Ne jamais avouer est la force des grands hommes. Même pris sur le fait, toujours clamer son innocence.
Si de nos jours, toutes les chanteuses sont de très jeunes filles, totalement nues ou presque, dansant de façon lascive et provocante, ce n’est pas un hasard. Dans cette société décadente, on éduque nos filles à devenir de simples objets sexuels, et fières de l’être. Il n’y a qu’à voir comment tous les garçons essayent de faire des sex-tape avec leur copine.
Défendre l’indéfendable est la noblesse de votre profession.
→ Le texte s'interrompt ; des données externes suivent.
-- ===== src/Proc/Resume.antt =====
-- A process that loses its turn goes on with the registers that it was interrupted with.
use smpl_osv.Base.{
  ℕ, ◌≡◌, ◌≢◌, refl, sym, ap, ◌∙◌, some, update_self, update_ne, some_inj, ==_ne, ==_iff, none,
  Option,
}
use mathlib.Core.Path.{subst}
use smpl_osv.Interrupts.{Registers}
use smpl_osv.Proc.Rotation.{saved, after_tick, irq0_listener-step}
use smpl_osv.Proc.{Scheduler, irq0_listener, schedule}

-- Ticks that give other processes than `p` their turn.
pub data Away (p : ℕ) (s : Scheduler) : Scheduler → Type 0 where
  here : Away p s s
  next :
      {s' s'' : Scheduler}
      → Away p s s'
      → (regs regs' : Registers) → s'.processes s'.cpid ≢ p
      → irq0_listener regs s' ≡ some (regs', s'')
      → Away p s s''

-- `p` waits with these registers while `q` runs.
record Waiting (p : ℕ) (regs : Registers) (s : Scheduler) : Type 0 where
  count : s.process_count ≢ 0
  context : (s.procs p).context ≡ regs
  other : (q : ℕ) × (q ≢ p) × (s.current_process ≡ some q)

-- A tick that returns has not read a null pointer.
tick_set :
    (regs regs' : Registers) (s s' : Scheduler) (old : ℕ)
    → s.process_count ≢ 0
    → s.current_process ≡ some old
    → irq0_listener regs s ≡ some (regs', s')
    → s.processes s.cpid ≢ 0
unfolding irq0_listener schedule
tick_set regs regs' s s' old ne cur run z =
    let fails : ◌≡◌ {A = Option (Registers × Scheduler)} none (some (regs', s')) =
      rw (==_ne s.process_count 0 ne, cur, (==_iff (s.processes s.cpid) 0).1 z) at run in
    cc

tick-inv :
    (regs regs' : Registers) (s s' : Scheduler) (old : ℕ)
    → s.process_count ≢ 0
    → s.current_process ≡ some old
    → irq0_listener regs s ≡ some (regs', s')
    → ((saved old regs s (s.processes s.cpid)).context ≡ regs') × (after_tick old regs s ≡ s')
tick-inv regs regs' s s' old ne cur run =
    let nz = tick_set regs regs' s s' old ne cur run in
    let e = some_inj _ _ (sym (irq0_listener-step regs s old ne cur nz) ∙ run) in
    (ap (λ x. x.0) e, ap (λ x. x.1) e)

wait_on :
    (p : ℕ) (mine regs regs' : Registers) (s s' : Scheduler)
    → Waiting p mine s
    → s.processes s.cpid ≢ p
    → irq0_listener regs s ≡ some (regs', s')
    → Waiting p mine s'
wait_on p mine regs regs' s s' w ne run =
    let (q, off, cur) = w.other in
    let (regs_eq, after) = tick-inv regs regs' s s' q w.count cur run in
    subst (λ x. Waiting p mine x) after
      (record {
        count = w.count;
        context =
            ap (λ x. x.context)
              (update_ne s.procs q (record (s.procs q) { context = regs }) p (λ e. off (sym e)))
            ∙ w.context;
        other = (s.processes s.cpid, ne, refl);
      })

waits :
    {p : ℕ} {mine : Registers} {s s' : Scheduler}
    → Away p s s'
    → Waiting p mine s
    → Waiting p mine s'
waits here w = w
waits (next before regs regs' ne run) w = wait_on _ _ regs regs' _ _ (waits before w) ne run

-- Process `p` runs and is interrupted with certain registers, in favour of another; other processes
-- have their turns, and are interrupted with any registers; then it is the turn of `p`. The timer
-- returns to it with the very registers of its interruption.
pub irq0_listener-resumes :
    (p : ℕ) (mine left regs back : Registers) (s s' s'' s3 : Scheduler)
    → s.process_count ≢ 0
    → s.current_process ≡ some p
    → s.processes s.cpid ≢ p
    → irq0_listener mine s ≡ some (left, s')
    → Away p s' s''
    → s''.processes s''.cpid ≡ p
    → irq0_listener regs s'' ≡ some (back, s3)
    → (back ≡ mine) × (s3.current_process ≡ some p)
irq0_listener-resumes p mine left regs back s s' s'' s3 count cur ne out away turn run =
    let (left_eq, after) = tick-inv mine left s s' p count cur out in
    let start : Waiting p mine s' =
      subst (λ x. Waiting p mine x) after
        (record {
          count = count;
          context =
              ap (λ x. x.context) (update_self s.procs p (record (s.procs p) { context = mine }));
          other = (s.processes s.cpid, ne, refl);
        }) in
    let w = waits away start in
    let (q, off, now) = w.other in
    let (back_eq, last) = tick-inv regs back s'' s3 q w.count now run in
    (
      sym back_eq
          ∙ ap (λ j. (saved q regs s'' j).context) turn
          ∙ ap (λ x. x.context)
              (update_ne s''.procs q (record (s''.procs q) { context = regs }) p (λ e. off (sym e)))
          ∙ w.context,
      ap (λ x. x.current_process) (sym last) ∙ ap some turn,
    )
Tout criminel mérite d’être défendu. Défendre des innocents est une aberration de langage.
Le peuple n’a que faire de liberté. Il a seulement besoin de la certitude que son avenir ne sera pas un long chemin de croix. Il a besoin d’un guide en qui croire, et la seule question qui compte pour chaque homme est : être berger ou mouton ?
Les puissants ont vite compris que le peuple avait besoin d’un sentiment de liberté et non d’une réelle liberté pour accepter toutes les souffrances qu’on lui inflige. Les élections ne sont qu’un leurre de cette prétendue liberté. Car tu sais, aussi bien que moi, que peu importe le gagnant, le sort des pauvres gens ne changera pas pour autant. L’argent restera toujours dans les mêmes mains.